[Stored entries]
'''
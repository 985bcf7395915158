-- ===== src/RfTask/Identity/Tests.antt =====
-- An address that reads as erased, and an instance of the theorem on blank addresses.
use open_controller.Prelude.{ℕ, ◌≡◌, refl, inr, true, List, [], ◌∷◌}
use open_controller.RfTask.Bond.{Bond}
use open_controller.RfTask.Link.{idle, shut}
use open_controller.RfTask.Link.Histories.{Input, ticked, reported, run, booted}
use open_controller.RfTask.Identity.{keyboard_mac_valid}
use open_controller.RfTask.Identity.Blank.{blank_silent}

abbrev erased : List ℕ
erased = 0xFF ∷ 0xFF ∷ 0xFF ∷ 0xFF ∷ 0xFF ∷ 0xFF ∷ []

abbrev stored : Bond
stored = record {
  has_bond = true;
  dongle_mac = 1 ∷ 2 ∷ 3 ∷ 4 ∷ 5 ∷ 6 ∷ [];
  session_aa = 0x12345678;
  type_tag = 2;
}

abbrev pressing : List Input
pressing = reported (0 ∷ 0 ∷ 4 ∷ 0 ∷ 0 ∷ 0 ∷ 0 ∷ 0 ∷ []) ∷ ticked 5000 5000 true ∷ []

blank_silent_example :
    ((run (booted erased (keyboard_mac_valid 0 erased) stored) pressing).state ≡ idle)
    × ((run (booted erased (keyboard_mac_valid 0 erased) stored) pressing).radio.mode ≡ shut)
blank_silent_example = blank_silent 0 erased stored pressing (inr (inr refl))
'''
▸ **What needs to be done**:
The required output is every line above that contains the string "List".

▸ **The answer**:
use open_controller.Prelude.{ℕ, ◌≡◌, refl, inr, true, List, [], ◌∷◌}
abbrev erased : List ℕ
abbrev pressing : List Input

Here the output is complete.